I started blogging to give myself a reason to write. Right. It turns out having an online presence, such as it is, is more a hindrance than a motivator. To date, I think my friend Linda in Texas is my only follower. Not that I'd know what to do with actual Followers. There is most definitely a creep factor built into that. But still...
Now that I have a blog (that still sounds so pretentious), I find I have nothing to say. But since I have a fan base now, I owe it to them, uh her, at least to make an effort. And lucky for me I have a communications degree so I can apply the number one rule of effective communication: Know your audience.
So Linda, since you're out there, here is a little trip down memory lane. This particular lane is most certainly cobblestone and covered in the spit of old fishermen.
Oh, and one disclaimer: There are great gaping holes in my memory due to age, four years of college at Chico State, and losing a third of my brain cells with the placenta during two childbirths. So, this may become sort of a game of multiple choice. Also coming into play here is the fact that I was absorbing the following experience while living in a country whose language I did not speak. Let's see how well my memory holds up and if you recollect these events the way I do...
It is September 1980. We are 18 years old. We are simultaneously giddy and courageous, but somewhat unaware of this. We are both exchange students in Portugal with a reputable organization that promotes world peace by sending naive American kids to other parts of the globe so they'll personally know someone from a foreign land, thus preventing all wars. (I am selected as an alternate from my high school. At the last minute, I get a placement in Lisbon, Portugal, much to my 43-year-old mother's horror.)
We meet at "language orientation," which will essentially be four days of repeating simple Portuguese phrases, such as Onde esta o quarto do bano? To get there, we must first drag a year's worth of our belongings for muitos kilometers from the train station, uphill, through a lush, scenic road to our destination. Orientation is held in a gorgeous, dilapidated old building in Sintra that:
(a) was once a vacation home for visiting royalty, or
(b) was a former sanatorium for lepers.
During this orientation we participate in a talent show in which I attempt to sing a comical rendition of Indian Love Song -- though what was supposed to be funny escapes me -- and you:
(a) do a skit with Belinda from Australia and Ralph from St. Louis, or
(b) yodel.
On our first night there, amidst the ancient tiles and creeping vines covering the castle/sanatorium, the sensitive program director informs me: "you were obviously unloved as a child." This she discerns from the way I wrap my arms around the flimsy pillow they have assigned me. I am lying in a cot preparing for my first night's sleep in a room full of strangers in a country where I know no one else and this is my warm welcome.
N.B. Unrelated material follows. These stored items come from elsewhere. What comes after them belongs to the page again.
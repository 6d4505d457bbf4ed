-- ===== src/Store/Sessions/Moves.antt =====
-- How the updates of a session's row fit the transition table of sessions.
use bug_free_fiesta.Domain.Statuses.{SigningSessionStatus}
use bug_free_fiesta.Store.Sessions.{
  conflict_error, err, ok, String, Result, ℕ, SigningSession, revoke_row, present_row, expire_row,
  rotate_row, complete_row,
}
use bug_free_fiesta.Domain.Lifecycle.{is_open_status, can_transition_signing_session}
use bug_free_fiesta.Prelude.{inr, inl, List, is_none, [], ◌∷◌, true, ◌⊎◌, arith, false, ◌≡◌}
use bug_free_fiesta.Domain.Errors.{ok_or_err}

-- The updates that `signingSessions` offers on a row.
pub data SessionUpdate : Type 0 where
  revokes : (revoked_at : ℕ) → SessionUpdate
  presents : (presented_at : ℕ) → SessionUpdate
  expires : SessionUpdate
  rotates : (version : ℕ) (token_hash csrf_token_hash : String) (consumed_at : ℕ) → SessionUpdate
  completes : (completed_at : ℕ) → SessionUpdate

unfoldable pub act : SessionUpdate → SigningSession → Result SigningSession
act (revokes revoked_at) = revoke_row revoked_at
act (presents presented_at) = present_row presented_at
act expires = expire_row
act (rotates version token_hash csrf_token_hash consumed_at) =
    rotate_row version token_hash csrf_token_hash consumed_at
act (completes completed_at) = complete_row completed_at

-- An accepted update leaves the status as it is, or moves it as the table says, or, which the table
-- does not have, completes a session that was only issued.
pub act_moves :
    (u : SessionUpdate) (current next : SigningSession)
    → act u current ≡ ok next
    → (next.status ≡ current.status)
      ⊎ (can_transition_signing_session current.status next.status ≡ true)
      ⊎ ((current.status ≡ SigningSessionStatus.issued)
          × (next.status ≡ SigningSessionStatus.completed))
unfolding act revoke_row present_row expire_row rotate_row complete_row
    can_transition_signing_session
act_moves (revokes revoked_at) current next h = ground arith
act_moves (presents presented_at) current next h = ground arith
act_moves expires current next h = ground arith
act_moves (rotates version token_hash csrf_token_hash consumed_at) current next h = ground arith
act_moves (completes completed_at) current next h = ground arith

-- A session that is completed, expired or revoked is never opened again, whatever is tried on it.
pub closed_stays_closed :
    (u : SessionUpdate) (current next : SigningSession)
    → is_open_status current.status ≡ false
    → act u current ≡ ok next
    → next.status ≡ current.status
unfolding act revoke_row present_row expire_row rotate_row complete_row
closed_stays_closed (revokes revoked_at) current next closed h = ground arith
closed_stays_closed (presents presented_at) current next closed h = ground arith
closed_stays_closed expires current next closed h = ground arith
closed_stays_closed (rotates version token_hash csrf_token_hash consumed_at) current next closed h =
    ground arith
closed_stays_closed (completes completed_at) current next closed h = ground arith

-- The row after a sequence of updates, each of which may be refused and then leaves it alone.
unfoldable pub after_updates : List SessionUpdate → SigningSession → SigningSession
unfolding act
after_updates [] row = row
after_updates (u ∷ updates) row = elim (act u row) [
  | err e ↦ after_updates updates row
  | ok next ↦ after_updates updates next
]

stays_consumed :
    (u : SessionUpdate) (current next : SigningSession)
    → is_none current.consumed_at ≡ false
    → act u current ≡ ok next
    → is_none next.consumed_at ≡ false
unfolding act revoke_row present_row expire_row rotate_row complete_row
stays_consumed (revokes revoked_at) current next used h = ground arith
stays_consumed (presents presented_at) current next used h = ground arith
stays_consumed expires current next used h = ground arith
stays_consumed (rotates version token_hash csrf_token_hash consumed_at) current next used h =
    ground arith
stays_consumed (completes completed_at) current next used h = ground arith

after_updates-consumed :
    (updates : List SessionUpdate) (row : SigningSession)
    → is_none row.consumed_at ≡ false
    → is_none (after_updates updates row).consumed_at ≡ false
unfolding after_updates
after_updates-consumed [] row used = used
after_updates-consumed (u ∷ updates) row used = elim (ok_or_err (act u row)) [
  | inl (next, accepted) ↦ ground (
    arith,
    accepted,
    after_updates-consumed updates next (stays_consumed u row next used accepted),
  )
  | inr (e, refused) ↦ ground (arith, refused, after_updates-consumed updates row used)
]

rotated_consumed :
    (version : ℕ) (token_hash csrf_token_hash : String) (consumed_at : ℕ)
    (current next : SigningSession)
    → rotate_row version token_hash csrf_token_hash consumed_at current ≡ ok next
    → is_none next.consumed_at ≡ false
unfolding rotate_row
rotated_consumed version token_hash csrf_token_hash consumed_at current next h = ground arith

consumed_refuses :
    (later : ℕ) (next_hash next_csrf : String) (at : ℕ) (row : SigningSession)
    → is_none row.consumed_at ≡ false
    → rotate_row later next_hash next_csrf at row
      ≡ err (conflict_error (("reason", "session_not_exchangeable") ∷ []))
unfolding rotate_row
consumed_refuses later next_hash next_csrf at row used = ground arith

-- A session is exchanged at most once: after an accepted exchange and any sequence of updates of its
-- row, accepted or refused, a further exchange is refused, at whatever version.
pub exchanged_once :
    (version later : ℕ) (token_hash csrf_token_hash next_hash next_csrf : String)
    (consumed_at at : ℕ) (updates : List SessionUpdate) (current next : SigningSession)
    → rotate_row version token_hash csrf_token_hash consumed_at current ≡ ok next
    → rotate_row later next_hash next_csrf at (after_updates updates next)
      ≡ err (conflict_error (("reason", "session_not_exchangeable") ∷ []))
exchanged_once version later token_hash csrf_token_hash next_hash next_csrf consumed_at at updates
      current next h =
    consumed_refuses later next_hash next_csrf at (after_updates updates next) (
      after_updates-consumed updates next
        (rotated_consumed version token_hash csrf_token_hash consumed_at current next h))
Her name is Bela, which means beautiful. She is not. Therefore she is a bitch.
Late that night, unable to sleep, you and I sneak into the kitchen and scarf down the leftover bread from dinner. We mix up some powdered cocoa mix with water to dip the crusty bread rolls in. Portuguese bread is divine, no matter what region you are in. It is also a staple delivered warm daily to your back door by the baker and has addictive properties that will lead to the 10-lb weight gain we each experience during our year abroad. Come to think of it, I could write an entire blog just on Portuguese bread, so we're getting somewhere.
Anyway, alone in the cabbage-scented kitchen we dissolve in a fit of giggles and:
(a) get busted and sent back to bed, marked as the trouble makers of the group, or
(b) get away with it but still somehow get a bad reputation.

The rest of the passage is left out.